→ Information supplied:
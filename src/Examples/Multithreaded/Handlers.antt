-- ===== src/Examples/Multithreaded/Handlers.antt =====
-- What a thread of examples/queue_multithreaded/main.c does behind a call.
use ohmylib.Prelude.{ℕ, suc, true, false, none, some, [], ◌∷◌, ◌++◌, if◌then◌else◌}
use ohmylib.Prelude.Int.{ℤ, pos, negsuc}
use ohmylib.Prelude.Words.{store_pointer, load_pointer}
use ohmylib.Network.{equals}
use ohmylib.Queue.State.{returns, fails}
use ohmylib.Queue.Deadline.{Timespec}
use ohmylib.Queue.Transfer.{Outcome}
use ohmylib.Examples.Queue.{shared_of}
use ohmylib.Examples.Vector.{store}
use ohmylib.Examples.Multithreaded.State.{
  Reader, Process, set_reader, set_live, pushed, failed_to_push, got, got_nothing, looping,
  in_queue_send, returned, running, in_queue_recv, received,
}

-- `e = calloc(1, sizeof(*e)); e->idx = i;`
unfoldable pub calloced : ℕ → ℕ → Process → Process
calloced p_main e y = record y {
  shared = record y.shared { memory = store_pointer p_main e y.shared.memory };
  values = store e y.i y.values;
  live = set_live e true y.live;
}

-- main behind a turn of queue_send with the pointer `e`.
unfoldable pub after_send : Process → ℕ → Timespec → Outcome → Process
after_send y e ts o =
    let z = record y { shared = shared_of y.shared o } in
    elim o.reply [
      | none ↦ record z { main = in_queue_send e ts }
      | some (returns v) ↦ record z {
        i = suc y.i;
        main = looping;
        log = y.log ++ (pushed y.i ∷ []);
      }
      | some (fails errno) ↦ record z {
        i = suc y.i;
        main = looping;
        log = y.log ++ (failed_to_push y.i ∷ []);
      }
    ]

-- A reader behind a turn of queue_recv, with its variable at `p`.
unfoldable pub after_recv : Process → Reader → ℕ → Timespec → Outcome → Process
unfolding set_reader
after_recv y k p ts o =
    let t = shared_of y.shared o in
    let z = record y { shared = t } in
    elim o.reply [
      | none ↦ record z { readers = set_reader k (in_queue_recv ts) y.readers }
      | some (returns v) ↦ record z {
        readers = set_reader k (received (load_pointer p t.memory)) y.readers;
      }
      | some (fails errno) ↦ record z {
        readers = set_reader k running y.readers;
        log = y.log ++ (got_nothing k ∷ []);
      }
    ]

-- `printf("thread %ld got %d\n", tid, e->idx); free(e);`
unfoldable pub after_print : Process → Reader → ℕ → Process
unfolding set_reader
after_print y k e = record y {
  live = set_live e false y.live;
  readers = set_reader k running y.readers;
  log = y.log ++ (got k (y.values e) ∷ []);
}

-- pthread_create with its result; where it fails main returns.
unfoldable pub after_create : Process → Reader → ℤ → Process
unfolding set_reader
after_create y k ret =
    if equals ret (pos 0)
    then record y { readers = set_reader k running y.readers }
    else record y { main = returned (negsuc 0) }
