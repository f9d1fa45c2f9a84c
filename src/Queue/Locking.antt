-- ===== src/Queue/Locking.antt =====
-- The mutex of the queue, as the calls of one thread use it.
use ohmylib.Prelude.{◌≡◌, refl, Bool, true, false, Option, some, none, List, [], ◌∷◌, ◌++◌, ◌∙◌}
use ohmylib.Prelude.{◌≢◌, ◌&&◌, ◌==◌, ℕ, Bool-cases, inl, inr, ap, sym, append-nil}
use ohmylib.Prelude.Int.{ℤ}
use ohmylib.Queue.State.{Queue, Shared, queue_is_empty_locked, queue_is_full_locked}
use ohmylib.Queue.Deadline.{Timespec, deadline}
use ohmylib.Queue.Transfer.{
  Sync, lock, unlock, timedwait, broadcast, Wake, Condition, cond_empty, cond_read, cond_write,
  Waited, Outcome, wait_loop, queue_send_wait, queue_recv_wait, queue_send, queue_recv,
  queue_empty_wait, send_waited, recv_waited, empty_waited, still_waiting,
}

-- The mutex as one thread uses it: whether it holds the lock after the calls, or `none` where it
-- takes a lock that it has, or waits on or releases one that it has not.
abbrev pub holds_after : Bool → List Sync → Option Bool
holds_after held [] = some held
holds_after false (lock ∷ t) = holds_after true t
holds_after true (lock ∷ t) = none
holds_after true (unlock ∷ t) = holds_after false t
holds_after false (unlock ∷ t) = none
holds_after true (timedwait c ts ∷ t) = holds_after true t
holds_after false (timedwait c ts ∷ t) = none
holds_after held (broadcast c ∷ t) = holds_after held t

-- A thread that is to lock the mutex once: before, while it holds it, and after it released it.
pub data Phase : Type 0 where
  before held after : Phase

-- The phase after the calls, or `none` where one is out of place: the mutex is taken only before,
-- and waited with, signalled under and released only while it is held.
abbrev pub phase_after : Phase → List Sync → Option Phase
phase_after p [] = some p
phase_after before (lock ∷ t) = phase_after held t
phase_after held (lock ∷ t) = none
phase_after after (lock ∷ t) = none
phase_after before (unlock ∷ t) = none
phase_after held (unlock ∷ t) = phase_after after t
phase_after after (unlock ∷ t) = none
phase_after before (timedwait c ts ∷ t) = none
phase_after held (timedwait c ts ∷ t) = phase_after held t
phase_after after (timedwait c ts ∷ t) = none
phase_after before (broadcast c ∷ t) = none
phase_after held (broadcast c ∷ t) = phase_after held t
phase_after after (broadcast c ∷ t) = none

-- The lock is free after a call that has returned, and in the waiting thread's hands before.
abbrev pub phase_at_end : Outcome → Phase
phase_at_end o = elim o.reply [ none ↦ held | some r ↦ after ]

module _ (busy : Queue → Bool) (c : Condition) (ts : Timespec) where
  pub wait_loop_holds :
      (ws : List Wake) (s : Shared) (ret : ℕ) (t : List Sync)
      → phase_after held ((wait_loop busy c ts ws s ret).sync ++ t) ≡ phase_after held t
  unfolding wait_loop
  wait_loop_holds [] s ret t = refl
  wait_loop_holds (w ∷ ws) s ret t = elim (Bool-cases (busy s.queue && ret == 0)) [
    | inl e ↦ rw e (wait_loop_holds ws w.shared w.ret t)
    | inr e ↦ rw e
  ]

  -- It begins by a wait, or makes no call.
  wait_loop_unheld :
      (ws : List Wake) (s : Shared) (ret : ℕ)
      → holds_after false ((wait_loop busy c ts ws s ret).sync ++ (unlock ∷ [])) ≡ none
  unfolding wait_loop
  wait_loop_unheld [] s ret = refl
  wait_loop_unheld (w ∷ ws) s ret = elim (Bool-cases (busy s.queue && ret == 0)) [
    | inl e ↦ rw e
    | inr e ↦ rw e
  ]

abbrev pub Keeps : Waited → Type 0
Keeps w = (t : List Sync) → phase_after held (w.sync ++ t) ≡ phase_after held t

abbrev pub Locks : Outcome → Type 0
Locks o = phase_after before o.sync ≡ some (phase_at_end o)

still_waiting-Locks : (w : Waited) → Keeps w → Locks (still_waiting w)
still_waiting-Locks w h = ap (phase_after held) (sym (append-nil w.sync)) ∙ h []

pub send_waited-Locks : (p : ℕ) (w : Waited) → Keeps w → Locks (send_waited p w)
send_waited-Locks p w h = elim (Bool-cases w.finished) [
  | inr e ↦ rw e (still_waiting-Locks w h)
  | inl e ↦ elim (Bool-cases (queue_is_full_locked w.shared.queue)) [
    | inl full ↦ rw (e, full) (h (unlock ∷ []))
    | inr room ↦ rw (e, room) (h (broadcast cond_read ∷ unlock ∷ []))
  ]
]

pub recv_waited-Locks : (p : ℕ) (w : Waited) → Keeps w → Locks (recv_waited p w)
recv_waited-Locks p w h = elim (Bool-cases w.finished) [
  | inr e ↦ rw e (still_waiting-Locks w h)
  | inl e ↦ elim (Bool-cases (queue_is_empty_locked w.shared.queue)) [
    | inl empty ↦ rw (e, empty) (h (broadcast cond_empty ∷ unlock ∷ []))
    | inr more ↦ rw (e, more) (h (broadcast cond_write ∷ unlock ∷ []))
  ]
]

module _ (now : Timespec) (timeout : ℤ) (p : ℕ) (ws : List Wake) (s : Shared) where
  pub queue_send-Locks : Locks (queue_send now ws (some s) p timeout)
  unfolding queue_send queue_send_wait
  queue_send-Locks = elim (Bool-cases (queue_is_full_locked s.queue)) [
    | inr room ↦ rw room
    | inl full ↦ rw full (send_waited-Locks p _ (wait_loop_holds _ _ _ ws s 0))
  ]

  pub queue_recv-Locks : Locks (queue_recv now ws (some s) p timeout)
  unfolding queue_recv queue_recv_wait
  queue_recv-Locks = elim (Bool-cases (queue_is_empty_locked s.queue)) [
    | inr more ↦ rw more
    | inl empty ↦ rw empty (recv_waited-Locks p _ (wait_loop_holds _ _ _ ws s 0))
  ]

  -- A call of queue_send or of queue_recv on a queue locks the mutex once, waits and signals
  -- only while it holds it, and has released it once when it returns, on every path and after
  -- any number of waits.
  pub transfers-Locks :
      Locks (queue_send now ws (some s) p timeout) × Locks (queue_recv now ws (some s) p timeout)
  transfers-Locks = (queue_send-Locks, queue_recv-Locks)

empty_waited_unheld :
    (w : Waited)
    → holds_after false (w.sync ++ (unlock ∷ [])) ≡ none
    → (empty_waited w).reply ≢ none
    → holds_after false (empty_waited w).sync ≡ none
empty_waited_unheld w h = elim (Bool-cases w.finished) [
  | inl e ↦ rw e (λ _. h)
  | inr e ↦ rw e (λ ne. absurd (ne refl))
]

-- Every call of queue_empty_wait on a queue that returns has released, or waited with, a mutex
-- that the calling thread does not hold.
pub queue_empty_wait_unheld :
    (now : Timespec) (timeout : ℤ) (ws : List Wake) (s : Shared)
    → (queue_empty_wait now ws (some s) timeout).reply ≢ none
    → holds_after false (queue_empty_wait now ws (some s) timeout).sync ≡ none
unfolding queue_empty_wait
queue_empty_wait_unheld now timeout ws s =
    empty_waited_unheld _ (wait_loop_unheld _ cond_empty (deadline now timeout) ws s 0)
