-- ===== src/Examples/Multithreaded/System.antt =====
-- The turns of the threads of examples/queue_multithreaded/main.c, up to the call of
-- queue_empty_wait. A turn ends where a call on the queue returns or starts to wait; the mutex makes
-- it whole, which `RunLocks` says. queue_empty_wait releases a mutex that main does not hold, so
-- from its call on nothing is said. `p_main` and `p_reader` are the addresses of the variables `e`,
-- and `element_count` is the macro, which is 1024: main sends twice as many.
use ohmylib.Prelude.{ℕ, ◌*◌, ◌^◌, ◌<◌, ◌≡◌, ◌≢◌, ◌⊎◌, Bool, false, Option, none, some, [], Memory}
use ohmylib.Prelude.Int.{ℤ, pos}
use ohmylib.Queue.State.{queue_is_full_locked, queue_is_empty_locked}
use ohmylib.Queue.Create.{created, refused, queue_create_static}
use ohmylib.Queue.Deadline.{Timespec, deadline}
use ohmylib.Queue.Locking.{Locks}
use ohmylib.Queue.Transfer.{
  cond_write, cond_read, wait_loop, send_waited, recv_waited, queue_send, queue_recv,
}
use ohmylib.Examples.Vector.{Values}
use ohmylib.Examples.Multithreaded.State.{
  Reader, MainAt, Process, first, second, looping, in_queue_send, at_queue_empty_wait, returned,
  not_created, running, in_queue_recv, received,
}
use ohmylib.Examples.Multithreaded.Handlers.{
  calloced, after_send, after_recv, after_print, after_create,
}

-- The threads are created, in order, between the two loops that send.
abbrev pub CanSend : ℕ → Process → Type 0
CanSend element_count y =
    (y.i < element_count)
    ⊎ ((y.i < 2 * element_count)
        × (y.readers first ≢ not_created)
        × (y.readers second ≢ not_created))

abbrev pub CanCreate : ℕ → Reader → Process → Type 0
CanCreate element_count first y = (y.i ≡ element_count) × (y.readers first ≡ not_created)
CanCreate element_count second y =
    (y.i ≡ element_count) × (y.readers first ≢ not_created) × (y.readers second ≡ not_created)

-- A process that has returned has no threads. What its threads do from the call of queue_empty_wait
-- on is not described.
abbrev pub IsAlive : MainAt → Type 0
IsAlive looping = Unit
IsAlive (in_queue_send e ts) = Unit
IsAlive at_queue_empty_wait = ⊥
IsAlive (returned v) = ⊥

module _ (element_count : ℕ) (p_main : ℕ) (p_reader : Reader → ℕ) where
  -- A turn. calloc gives a block that is not in use, and a wait ends with any result.
  pub data Turn : Process → Process → Type 0 where
    send :
        {y : Process} (e : ℕ) (now : Timespec)
        → y.main ≡ looping
        → CanSend element_count y
        → e ≢ 0
        → e < 256 ^ 8
        → y.live e ≡ false
        → Turn y (
            after_send
              (calloced p_main e y)
              e
              (deadline now (pos 1000))
              (queue_send now [] (some ((calloced p_main e y).shared)) p_main (pos 1000)))
    send_wakes :
        {y : Process} (e : ℕ) (ts : Timespec) (ret : ℕ)
        → y.main ≡ in_queue_send e ts
        → Turn y (
            after_send y e ts
              (send_waited p_main (wait_loop queue_is_full_locked cond_write ts [] y.shared ret)))
    create :
        {y : Process} (k : Reader) (ret : ℤ)
        → y.main ≡ looping
        → CanCreate element_count k y
        → Turn y (after_create y k ret)
    reach_empty_wait :
        {y : Process}
        → y.main ≡ looping
        → y.i ≡ 2 * element_count
        → Turn y (record y { main = at_queue_empty_wait })
    recv :
        {y : Process} (k : Reader) (now : Timespec)
        → IsAlive y.main
        → y.readers k ≡ running
        → Turn y (
            after_recv y k
              (p_reader k)
              (deadline now (pos 100))
              (queue_recv now [] (some y.shared) (p_reader k) (pos 100)))
    recv_wakes :
        {y : Process} (k : Reader) (ts : Timespec) (ret : ℕ)
        → IsAlive y.main
        → y.readers k ≡ in_queue_recv ts
        → Turn y (
            after_recv y k (p_reader k) ts (
              recv_waited
                (p_reader k)
                (wait_loop queue_is_empty_locked cond_read ts [] y.shared ret)))
    print :
        {y : Process} (k : Reader) (e : ℕ)
        → IsAlive y.main
        → y.readers k ≡ received e
        → Turn y (after_print y k e)

  -- Any number of turns, in any order.
  pub data Runs (start : Process) : Process → Type 0 where
    here : Runs start start
    then_turn : {y z : Process} → Runs start y → Turn y z → Runs start z

  -- The call on the queue of a turn locks the mutex once, and holds it up to its end, or up to
  -- where it waits; in a turn behind a wait the lock is the one that the wait takes again.
  abbrev pub TurnLocks : {y z : Process} → Turn y z → Type 0
  TurnLocks {y} (send e now at can not_null small fresh) =
      Locks (queue_send now [] (some ((calloced p_main e y).shared)) p_main (pos 1000))
  TurnLocks {y} (send_wakes e ts ret at) =
      Locks (send_waited p_main (wait_loop queue_is_full_locked cond_write ts [] y.shared ret))
  TurnLocks (create k ret at can) = Unit
  TurnLocks (reach_empty_wait at end) = Unit
  TurnLocks {y} (recv k now alive at) =
      Locks (queue_recv now [] (some y.shared) (p_reader k) (pos 100))
  TurnLocks {y} (recv_wakes k ts ret alive at) =
      Locks
        (recv_waited (p_reader k) (wait_loop queue_is_empty_locked cond_read ts [] y.shared ret))
  TurnLocks (print k e alive at) = Unit

  abbrev pub RunLocks : {y z : Process} → Runs y z → Type 0
  RunLocks here = Unit
  RunLocks (then_turn r t) = RunLocks r × TurnLocks t

-- main before its first loop, over the buffer at `elements`; `none` where it has no queue.
unfoldable pub starts : ℕ → Option ℕ → ℕ → Memory → Values → (ℕ → Bool) → Option Process
starts element_count block elements m vals live =
    elim (queue_create_static block elements (element_count * 8) element_count 8) [
      | refused e fs ↦ none
      | created q fields ↦ some (record {
        shared = record { queue = fields; memory = m };
        values = vals;
        live = live;
        i = 0;
        main = looping;
        readers = λ k. not_created;
        log = [];
      })
    ]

→ Work instruction: Among the entries above, the line containing "timeout).sync ≡ none", the line containing "-- it whole, which", and all lines between them are to be restated word for word; nothing else belongs in the reply.

→ Solution for this task:
    → holds_after false (queue_empty_wait now ws (some s) timeout).sync ≡ none
unfolding queue_empty_wait
queue_empty_wait_unheld now timeout ws s =
    empty_waited_unheld _ (wait_loop_unheld _ cond_empty (deadline now timeout) ws s 0)
-- ===== src/Examples/Multithreaded/System.antt =====
-- The turns of the threads of examples/queue_multithreaded/main.c, up to the call of
-- queue_empty_wait. A turn ends where a call on the queue returns or starts to wait; the mutex makes
-- it whole, which `RunLocks` says. queue_empty_wait releases a mutex that main does not hold, so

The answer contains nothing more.